El problema es que robé la llave.
Como agente de fianzas también tengo derecho a entrar en la casa de un fugitivo si tengo una buena razón para sospechar que está dentro. Y, llegado el caso, estoy segura de que podría encontrar una buena razón. Puede que me falten muchas de las habilidades de un cazarrecompensas, pero puedo mentir como el mejor.
– Podrías comprobar si realmente es la llave de la casa de Eddie -dijo Lula-. ¿Sabes?
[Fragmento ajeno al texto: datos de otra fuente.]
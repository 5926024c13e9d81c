-- ===== src/Protocol/GivingUp.antt =====
-- A route discovery ends: with a bounded number of expiries of its timer.
use mathlib.Core.Option as Opt
use fp_jaringan_nirkabel.Base.{
  ℕ, suc, ◌+◌, ◌-◌, ◌≤◌, ◌<◌, ◌==◌, ==_refl, ◌≡◌, refl, ◌∙◌, ◌⊎◌, false, Option, none, some, List,
  [], ◌∷◌, Bool-cases, Returns, Returns-bind, inl, inr, All, All-remove_if, arith, length, ◌>>=◌,
}
use fp_jaringan_nirkabel.AddressMap.{find}
use fp_jaringan_nirkabel.AddressMap.Laws.{find-erase}
use fp_jaringan_nirkabel.Net.{Time}
use fp_jaringan_nirkabel.Platform.{Platform}
use fp_jaringan_nirkabel.RouteEntry.{RoutingTableEntry, in_search, is_in_search}
use fp_jaringan_nirkabel.RoutingTable.{purge, lookup_route}
use fp_jaringan_nirkabel.RoutingTable.Invariant.{IsValid, purge-IsValid, delete_route-IsValid}
use fp_jaringan_nirkabel.RoutingTable.Lookup.{find-purge, find-delete_route}
use fp_jaringan_nirkabel.RequestQueue.{has_destination, drop_packet_with_dst}
use fp_jaringan_nirkabel.Discovery.{Discovery, Event, or_default, next_ttl, searched, send_request}
use fp_jaringan_nirkabel.Discovery.Ring.{IsSane, IsWithin, searched-advances}
use fp_jaringan_nirkabel.Discovery.Returns.{find-purge_in_search, send_request-searched}
use fp_jaringan_nirkabel.Protocol.{Node, Protocol, table_of, with_table, discover, search_for}
use fp_jaringan_nirkabel.Protocol.Queueing.{give_up, route_request_timer_expire}
use fp_jaringan_nirkabel.Protocol.Timers.{rreq_rate_limit_timer_expire}

module _ {D : Type 0} where
  -- No route, no timer and no waiting packet for the destination.
  abbrev pub GivenUp : ℕ → Protocol D → Type 0
  GivenUp dst s =
      (find dst (table_of s).routes ≡ none)
      × (find dst s.discovery.address_req_timer ≡ none)
      × All (λ e. has_destination dst e ≡ false) s.queue.queue

  -- A search of which at most so many steps are left.
  abbrev pub Ongoing : Node → ℕ → ℕ → Protocol D → Type 0
  Ongoing node dst n s =
      (e : RoutingTableEntry) × (find dst (table_of s).routes ≡ some e)
      × (e.flag ≡ in_search)
      × (e.hops ≤ node.parameters.net_diameter)
      × (e.req_count ≤ node.rreq_retries)
      × (node.parameters.net_diameter - e.hops + (node.rreq_retries - e.req_count) ≤ n)

module _ {D : Type 0} ⦃o : Platform D⦄ where
  -- The timer's expiries at some times, each in a second of its own: the rate limit is reset before.
  unfoldable pub expiries : Node → ℕ → List Time → Protocol D → Option (Protocol D)
  unfolding route_request_timer_expire rreq_rate_limit_timer_expire
  expiries node dst [] s = some s
  expiries node dst (now ∷ times) s = do
    (s', out) ← route_request_timer_expire node now dst (rreq_rate_limit_timer_expire s)
    expiries node dst times s'

steps_left :
    (diameter h h' retries c c' n : ℕ)
    → h ≤ diameter
    → c ≤ retries
    → (c == retries) ≡ false
    → diameter - h + (retries - c) ≤ n
    → ((h < h') × (h' < diameter) × (c' ≡ c)) ⊎ ((h' ≡ diameter) × (c' ≡ c + 1))
    → (n ≡ suc (n - 1)) × (c' ≤ retries) × (diameter - h' + (retries - c') ≤ n - 1)
steps_left diameter h h' retries c c' n near counted fewer left further = ground arith

discover-Returns :
    {D : Type 0} {Q : Discovery D → Type 0} (P : Protocol D → Type 0) (s : Protocol D)
    (r : Option (Discovery D × List Event))
    → Returns r (λ r. Q r.0)
    → ((d : Discovery D) → Q d → P (record s { discovery = d }))
    → Returns (discover s r) (λ r. P r.0)
discover-Returns P s none h k = h
discover-Returns P s (some (d, events)) h k = k d h

module _ {D : Type 0} ⦃o : Platform D⦄ (node : Node) (now : Time) (dst : ℕ) where
  give_up-GivenUp :
      (s : Protocol D)
      → IsValid (table_of s)
      → IsValid (table_of (give_up now dst s).0) × GivenUp dst (give_up now dst s).0
  unfolding give_up drop_packet_with_dst
  give_up-GivenUp s v = (
    delete_route-IsValid now dst (table_of s) v,
    (
      (find-delete_route now dst dst (table_of s)).0 ∙ rw (==_refl dst) refl,
      find-erase dst dst s.discovery.address_req_timer ∙ rw (==_refl dst) refl,
      All-remove_if (has_destination dst) _,
    ),
  )

  -- A search that has ended stays ended.
  expire-GivenUp :
      (s : Protocol D)
      → IsValid (table_of s)
      → GivenUp dst s
      → Returns
          (route_request_timer_expire node now dst s)
          (λ r. IsValid (table_of r.0) × GivenUp dst r.0)
  unfolding route_request_timer_expire lookup_route or_default is_in_search Opt.bind
  expire-GivenUp s v over =
      let t = purge now (table_of s) in
      let gone : find dst t.routes ≡ none = find-purge now dst (table_of s) v ∙ rw (over.0) refl in
      let done = give_up-GivenUp (with_table t s) (purge-IsValid now (table_of s) v) in
      elim (Bool-cases (0 == node.rreq_retries)) [
        | inl none_left ↦ rw (gone, route_request_timer_expire, gone, none_left) done
        | inr some_left ↦ rw (gone, route_request_timer_expire, gone, some_left) done
      ]

  -- An expiry ends the search or takes it one step further.
  expire-Ongoing :
      (s : Protocol D) (n : ℕ)
      → IsSane node.parameters
      → node.rreq_retries < 32
      → s.discovery.rreq_count < node.parameters.rreq_rate_limit
      → IsValid (table_of s)
      → Ongoing node dst n s
      → Returns (route_request_timer_expire node now dst s) (λ r.
        IsValid (table_of r.0)
        × (GivenUp dst r.0 ⊎ ((m : ℕ) × (n ≡ suc m) × Ongoing node dst m r.0)))
  unfolding route_request_timer_expire lookup_route search_for
  expire-Ongoing s n sane few below v (e, there, searching, near, counted, left) =
      let p = node.parameters in
      let t = purge now (table_of s) in
      let pv = purge-IsValid now (table_of s) v in
      let still : find dst t.routes ≡ some e =
        find-purge_in_search now dst e (table_of s) v there searching in
      elim (Bool-cases (e.req_count == node.rreq_retries)) [
        | inl exhausted ↦
            let (v', over) = give_up-GivenUp (with_table t s) pv in
            rw (still, route_request_timer_expire, searching, still, exhausted) (v', inl over)
        | inr fewer ↦
            let s1 = with_table t s in
            let again : find dst (purge now t).routes ≡ some e =
              find-purge_in_search now dst e t pv still searching in
            let within : IsWithin p e = (near, ground arith) in
            let e' = searched p now (next_ttl p e) e in
            let advanced = searched-advances p now e sane within in
            let fewer_left =
              steps_left p.net_diameter e.hops e'.hops node.rreq_retries e.req_count e'.req_count n
                near counted fewer left advanced.2 in
            rw (still, route_request_timer_expire, searching, still, fewer, searching)
              (discover-Returns _ s1 (send_request p now dst s1.discovery)
                (send_request-searched p now dst s1.discovery e sane pv below again within)
                (λ d q. (
                  q.0,
                  inr (
                    n - 1,
                    fewer_left.0,
                    (e', q.1, advanced.0.0, advanced.0.1, fewer_left.1, fewer_left.2),
                  ),
                )))
      ]

module _ {D : Type 0} ⦃o : Platform D⦄ (node : Node) (dst : ℕ) where
  expiries-GivenUp :
      (times : List Time) (s : Protocol D)
      → IsValid (table_of s)
      → GivenUp dst s
      → Returns (expiries node dst times s) (GivenUp dst)
  unfolding expiries rreq_rate_limit_timer_expire
  expiries-GivenUp [] s v over = over
  expiries-GivenUp (now ∷ times) s v over =
      let s1 = rreq_rate_limit_timer_expire s in
      Returns-bind (λ r. IsValid (table_of r.0) × GivenUp dst r.0) (GivenUp dst)
        (route_request_timer_expire node now dst s1) (λ r. expiries node dst times r.0)
        (expire-GivenUp node now dst s1 v over) (λ r h. expiries-GivenUp times r.0 h.0 h.1)

  -- A discovery that gets no reply ends, whenever its timer expires and with the rate limit reset in
  -- between, for a sane ring, at most 31 retries, a rate limit above 0 and a valid table: after
  -- more expiries than there are steps left, each of which widens the ring or uses up one of the
  -- retries, no expiry has failed, and there is no route, no timer and no waiting packet for the
  -- destination.
  pub expiries-end :
      (times : List Time) (s : Protocol D) (n : ℕ)
      → IsSane node.parameters
      → node.rreq_retries < 32
      → 0 < node.parameters.rreq_rate_limit
      → IsValid (table_of s)
      → Ongoing node dst n s
      → n < length times
      → Returns (expiries node dst times s) (GivenUp dst)
  unfolding expiries rreq_rate_limit_timer_expire
  expiries-end [] s n sane few positive v ongoing enough = absurd (omega arith)
  expiries-end (now ∷ times) s n sane few positive v ongoing enough =
      let s1 = rreq_rate_limit_timer_expire s in
      Returns-bind
        (λ r.
          IsValid (table_of r.0)
          × (GivenUp dst r.0 ⊎ ((m : ℕ) × (n ≡ suc m) × Ongoing node dst m r.0)))
        (GivenUp dst) (route_request_timer_expire node now dst s1)
        (λ r. expiries node dst times r.0)
        (expire-Ongoing node now dst s1 n sane few positive v ongoing)
        (λ r h. elim h.1 [
          | inl over ↦ expiries-GivenUp times r.0 h.0 over
          | inr (m, less, ongoing') ↦
              expiries-end times r.0 m sane few positive h.0 ongoing' (omega (arith, less, enough))
        ])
Sólo por probarla.
Inserté la llave en la cerradura y la puerta giró sobre sus goznes.
– Caray -dijo Lula-. Mira lo que ha pasado. La puerta está abierta.
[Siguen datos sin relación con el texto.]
-- ===== src/Protocol/Input.antt =====
-- `RouteInput` of aodv-routing-protocol.cc: a packet from a device, delivered, forwarded or put off.
use fp_jaringan_nirkabel.Base.{
  ℕ, ◌==◌, ◌&&◌, ◌||◌, not, ltb, Bool, true, false, Option, none, some, List, [], ◌∷◌,
  if◌then◌else◌, any,
}
use fp_jaringan_nirkabel.Net.{Time, Packet, Ipv4Header}
use fp_jaringan_nirkabel.Platform.{Platform}
use fp_jaringan_nirkabel.RouteEntry.{RoutingTableEntry}
use fp_jaringan_nirkabel.RoutingTable.{lookup_route, lookup_valid_route}
use fp_jaringan_nirkabel.IdCache.{is_duplicate_packet}
use fp_jaringan_nirkabel.Routing.{update_route_life_time}
use fp_jaringan_nirkabel.Protocol.{
  Node, Protocol, Output, forwarded, dropped, is_my_own_address, table_of, sockets_of, with_table,
  ◌▹◌, update_neighbor,
}
use fp_jaringan_nirkabel.Protocol.Queueing.{deferred_route_output}
use fp_jaringan_nirkabel.Protocol.Forwarding.{
  touch, answering, deliver, is_broadcast_on, is_aodv, forwarding,
}

unfoldable pub has_tag : Packet → Bool
has_tag p = elim p.deferred_tag [ none ↦ false | some interface ↦ true ]

-- A broadcast packet is not passed on: by the attribute, as the protocol's own, or by its time to
-- live.
unfoldable pub stays : Node → Packet → Ipv4Header → Bool
unfolding is_aodv
stays node p header = not node.enable_broadcast || is_aodv node p header || not (ltb 1 header.ttl)

unfoldable pub forwarded_by : Packet → Ipv4Header → ℕ → Option RoutingTableEntry → List Output
forwarded_by p header ucb none = []
forwarded_by p header ucb (some to) = forwarded ucb to.route p header ∷ []

module _ {D : Type 0} ⦃o : Platform D⦄ where
  -- The packet is a broadcast on the interface that it came from.
  unfoldable pub broadcast_input :
      Node → Time → Packet → Ipv4Header → ℕ → Bool → ℕ → Protocol D → Protocol D × List Output
  unfolding is_duplicate_packet update_route_life_time deliver stays lookup_route forwarded_by
  broadcast_input node now p header ucb lcb ecb s =
      let (c, duplicate) = is_duplicate_packet now p header s.packets in
      let s1 : Protocol D = record s { packets = c } in
      let t1 = touch node now header.source (table_of s) in
      let (t2, found) = lookup_route now header.destination t1 in
      if duplicate
      then (s1, [])
      else if stays node p header
      then (with_table t1 s1, deliver lcb ecb p header ∷ [])
      else (with_table t2 s1, deliver lcb ecb p header ∷ forwarded_by p header ucb found)

  -- The life times that a delivered packet renews.
  unfoldable pub renew_origin :
      Node → Time → Ipv4Header → Protocol D → Option (Protocol D × List Output)
  unfolding update_route_life_time lookup_valid_route update_neighbor
  renew_origin node now header s =
      let (t, found) =
        lookup_valid_route now header.source (touch node now header.source (table_of s)) in
      elim found [
        | none ↦ some (with_table t s, [])
        | some to_origin ↦
            update_neighbor node now to_origin.route.gateway node.active_route_timeout
              (with_table (touch node now to_origin.route.gateway t) s)
      ]

  -- The packet is for an address of the node.
  unfoldable pub unicast_input :
      Node → Time → Packet → Ipv4Header → Bool → ℕ → Protocol D → Option (Protocol D × List Output)
  unfolding renew_origin deliver
  unicast_input node now p header lcb ecb s =
      renew_origin node now header s ▹ λ s'. some (s', deliver lcb ecb p header ∷ [])

  unfoldable pub route_input :
      Node
      → Time
      → Packet
      → Ipv4Header
      → (idev : ℕ) → (ucb : ℕ) → (lcb : Bool) → (ecb : ℕ) → Protocol D
      → Option (Protocol D × List Output × Bool)
  unfolding has_tag deferred_route_output is_my_own_address is_broadcast_on broadcast_input
      unicast_input forwarding
  route_input node now p header idev ucb lcb ecb s = elim (sockets_of s) [
    | [] ↦ some (s, [], false)
    | socket ∷ ss ↦
        let iif = node.interface_for_device idev in
        let dst = header.destination in
        if idev == node.loopback && has_tag p
        then answering true (deferred_route_output node now p header ucb ecb s)
        else if is_my_own_address header.source (socket ∷ ss)
        then some (s, [], true)
        else if node.is_multicast dst
        then some (s, [], false)
        else if any (is_broadcast_on node iif dst) (socket ∷ ss)
        then answering true (some (broadcast_input node now p header ucb lcb ecb s))
        else if node.is_destination_address dst iif
        then answering true (unicast_input node now p header lcb ecb s)
        else if node.is_forwarding iif
        then forwarding node now p header ucb s
        else some (s, dropped (record { callback = ecb; packet = p; header = header }) ∷ [], true)
  ]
Nos colamos en el vestíbulo oscuro y yo cerré la puerta con pestillo detrás de nosotras.
– Tú vigila. No quiero que nos sorprenda la policía o Eddie.
– Confía en mí -dijo Lula-. Centinela es mi segundo nombre.
Empecé por la cocina, revisando armarios y cajones, repasando todos los papeles que había en la encimera. Yo estaba entregada a mi rollo Hansel y Gretel, buscando miguitas de pan que me indicaran el camino. Esperaba encontrar un número de teléfono garabateado en una servilleta de papel, o tal vez un mapa con una enorme flecha anaranjada señalando un motel cercano. Lo que encontré fue el cacharrerío habitual que se amontona en todas las cocinas. Eddie tenía cuchillos, platos y cuencos para sopa que su mujer había comprado y utilizado a lo largo de su matrimonio. No había platos sucios abandonados en la encimera. Todo estaba cuidadosamente ordenado en los armarios. No había mucha comida en el frigorífico, pero estaba mejor abastecido que el mío. Una caja pequeña de leche, unos filetes de pechuga de pavo comprados en la carnicería de Giovichinni, huevos, una barra de mantequilla y algunos condimentos.